During the team's time spent within the Metropolitan Basketball League earlier this season, the Visitations would briefly see an unknown forward with the last name of Brooks and an unknown center with the last name of Hillcrest joining the team for a game each as well, with the team's roster during their time within the MBL also including Mike Arrasate, Marty Bobbenrieth, George Clough, Red Conaty, Rody Cooney, John Frank, Bob Grody, Willie Lapchick, Harry McCrystal, Tom Purcell, Frank Roxbury, Willie Scrill, Eddie Stuchbury, and Dave Tobey as well. Not only that, but during the team's time within the American Basketball League, four of the Visitations' players from this season in Red Conaty, Mark Harper, Ray Kennedy, and Rusty Saunders would also play for the original Washington Palace Five team seen above as well while they were in the ABL before the Visitations replaced the Palace Five squad, with the Visitations' ABL roster also including Cliff Anderson, Joseph Brennan, Rody Cooney, Pat Herlihy, Willie Scrill, and Bucky Williams as well.

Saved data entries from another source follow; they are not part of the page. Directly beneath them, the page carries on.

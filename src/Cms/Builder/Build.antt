-- ===== src/Cms/Builder/Build.antt =====
-- cms/enveloped_data_builder.rs: what a builder of messages builds.
use qubitcrypt.Prelude.{
  Bool, true, false, not, String, Option, none, List, [], ◌∷◌, ◌++◌, if◌then◌else◌,
}
use qubitcrypt.Outcome
use qubitcrypt.Outcome.{
  Bytes, Outcome, ok, err, ok_or, unsupported_content_encryption_algorithm, invalid_attribute,
  unsupported_operation, invalid_certificate, empty_content, unknown, file_write_error,
}
use qubitcrypt.Effect.{Eff, pure, ◌>>=◌, map_error, attempt, infallible}
use qubitcrypt.Cms.{Crypto, EnvelopedData}
use qubitcrypt.Cms.Kemri.{KemRecipientInfoBuilder}
use qubitcrypt.Cms.Sealed.{
  ContentEncryptionAlgorithmAead, AeadOids, RecipientBuilder, kem, foreign,
  AuthEnvelopedDataBuilder, seal,
}
use qubitcrypt.Cms.Builder.{
  Done, Foreign, EnvelopedDataBuilder, cbc_of, aead_of, ContentEncryptionAlgorithm,
}

module _ {W R : Type 0} (e : Crypto W R) where
  -- `AuthEnvelopedDataBuilder::new` and `add_recipient_info`, and the loops that call it.
  unfoldable pub auth_new :
      EnvelopedDataBuilder e → ContentEncryptionAlgorithmAead → AuthEnvelopedDataBuilder e
  auth_new b cea = record {
    content_id = none;
    originator_info = b.originator_info;
    recipient_infos = [];
    unencrypted_content = b.plaintext;
    content_encryption_algorithm = cea;
    auth_attributes = b.auth_attributes;
    unauth_attributes = b.unprotected_attributes;
  }

  unfoldable pub add_recipient_info :
      AuthEnvelopedDataBuilder e → RecipientBuilder e → AuthEnvelopedDataBuilder e
  add_recipient_info b r = record {
    content_id = b.content_id;
    originator_info = b.originator_info;
    recipient_infos = b.recipient_infos ++ (r ∷ []);
    unencrypted_content = b.unencrypted_content;
    content_encryption_algorithm = b.content_encryption_algorithm;
    auth_attributes = b.auth_attributes;
    unauth_attributes = b.unauth_attributes;
  }

  unfoldable pub add_kemris :
      AuthEnvelopedDataBuilder e → List (KemRecipientInfoBuilder e) → AuthEnvelopedDataBuilder e
  unfolding add_recipient_info
  add_kemris b [] = b
  add_kemris b (r ∷ rs) = add_kemris (add_recipient_info b (kem r)) rs

  unfoldable pub add_foreigns :
      AuthEnvelopedDataBuilder e → List (Foreign e) → AuthEnvelopedDataBuilder e
  unfolding add_recipient_info
  add_foreigns b [] = b
  add_foreigns b (r ∷ rs) = add_foreigns (add_recipient_info b (foreign r)) rs

  -- The six loops of `build_auth_enveloped`.
  unfoldable pub add_all :
      AuthEnvelopedDataBuilder e → EnvelopedDataBuilder e → AuthEnvelopedDataBuilder e
  unfolding add_kemris add_foreigns
  add_all a b =
      add_foreigns
        (add_foreigns
          (add_foreigns
            (add_foreigns (add_foreigns (add_kemris a b.kemri_builders) b.kek_builders)
              b.ktri_builders)
            b.kari_builders)
          b.pwri_builders)
        b.ori_builders

  unfoldable pub build_auth_enveloped : AeadOids → EnvelopedDataBuilder e → Eff W Bytes
  unfolding aead_of auth_new add_all seal
  build_auth_enveloped ids b = do
    cea ← pure (aead_of b.cea_type)
    enveloped_data ← seal e ids (add_all (auth_new b cea) b)
    pure (ok_or unknown (e.codecs.encode_auth_enveloped enveloped_data))

  -- `cms::builder::EnvelopedDataBuilder`, with the DER of what it builds, and `std::fs::write`.
  pub record Envelopes : Type 1 where
    pub Builder : Type 0
    pub new :
        Option e.codecs.Originator
        → Bytes
        → ContentEncryptionAlgorithm
        → Option e.codecs.Attributes
        → Option Builder
    pub add_recipient_info : Builder → RecipientBuilder e → Option Builder
    pub build_with_rng :
        Builder
        → R
        → Eff W (EnvelopedData e.kems.der e.contents e.codecs.Originator e.codecs.Attributes)
    pub to_der :
        EnvelopedData e.kems.der e.contents e.codecs.Originator e.codecs.Attributes → Option Bytes
    pub write : String → Bytes → W → Option Done × W

  module _ (v : Envelopes) where
    -- The loops of `build_enveloped`.
    unfoldable pub envelope_kemris :
        v.Builder → List (KemRecipientInfoBuilder e) → Outcome v.Builder
    envelope_kemris b [] = ok b
    envelope_kemris b (r ∷ rs) =
        Outcome.◌>>=◌ (ok_or unknown (v.add_recipient_info b (kem r))) (λ c. envelope_kemris c rs)

    unfoldable pub envelope_foreigns : v.Builder → List (Foreign e) → Outcome v.Builder
    envelope_foreigns b [] = ok b
    envelope_foreigns b (r ∷ rs) =
        Outcome.◌>>=◌ (ok_or unknown (v.add_recipient_info b (foreign r)))
          (λ c. envelope_foreigns c rs)

    unfoldable pub build_enveloped : EnvelopedDataBuilder e → Eff W Bytes
    unfolding cbc_of envelope_kemris envelope_foreigns
    build_enveloped b = do
      cea ← pure (cbc_of b.cea_type)
      b₀ ← pure (ok_or unknown (v.new b.originator_info b.plaintext cea b.unprotected_attributes))
      b₁ ← pure (envelope_kemris b₀ b.kemri_builders)
      b₂ ← pure (envelope_foreigns b₁ b.kek_builders)
      b₃ ← pure (envelope_foreigns b₂ b.ktri_builders)
      b₄ ← pure (envelope_foreigns b₃ b.kari_builders)
      b₅ ← pure (envelope_foreigns b₄ b.pwri_builders)
      b₆ ← pure (envelope_foreigns b₅ b.ori_builders)
      rng ← infallible e.kems.from_entropy
      enveloped_data ← map_error unknown (v.build_with_rng b₆ rng)
      pure (ok_or unknown (v.to_der enveloped_data))

    abbrev pub is_empty : Bytes → Bool
    is_empty [] = true
    is_empty (_ ∷ _) = false

    unfoldable pub build : AeadOids → EnvelopedDataBuilder e → Eff W Bytes
    unfolding build_enveloped build_auth_enveloped
    build ids b = if is_empty b.plaintext then pure (err empty_content) else (do
      message ← (if not b.is_auth_enveloped then build_enveloped b else build_auth_enveloped ids b)
      content ← pure (ok_or unknown (e.contents.any_from_der message))
      pure (
          ok_or unknown (
            e.codecs.encode_content_info (
              (if b.is_auth_enveloped
                  then e.codecs.id_ct_auth_enveloped_data
                  else e.codecs.id_enveloped_data),
              content,
            ))))

    unfoldable pub build_to_file : AeadOids → EnvelopedDataBuilder e → String → Eff W Done
    unfolding build
    build_to_file ids b file_path = do
      message ← build ids b
      attempt file_write_error (v.write file_path message)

==American Basketball League Standings==
===Eastern Division===

Eastern Division
| Team | Wins | Losses | Winning % |
|---|---|---|---|
| New York (Original) Celtics | 40 | 9 | .816 |
| Philadelphia Warriors | 30 | 21 | .588 |
| Washington Palace Five (/ Laundrymen) / Brooklyn Visitations* | 25 | 26 | .490 |
| Rochester Centrals | 24 | 28 | .462 |

- – The Washington Palace Five / Laundrymen franchise would have their franchise rights and record be transferred out to the Brooklyn Visitations by January 3, 1928 for the unofficial second half of the season.

===Western Division===

Western Division
| Team | Wins | Losses | Winning % |
|---|---|---|---|
| Fort Wayne Hoosiers | 27 | 24 | .529 |
| Cleveland Rosenblums | 22 | 29 | .431 |
| Chicago Bruins | 13 | 36 | .265 |
| Detroit Cardinals / Olympians† | 5 | 13 | .278 |

† – Withdrew from the ABL on January 3, 1928 by the start of the unofficial second half of the season.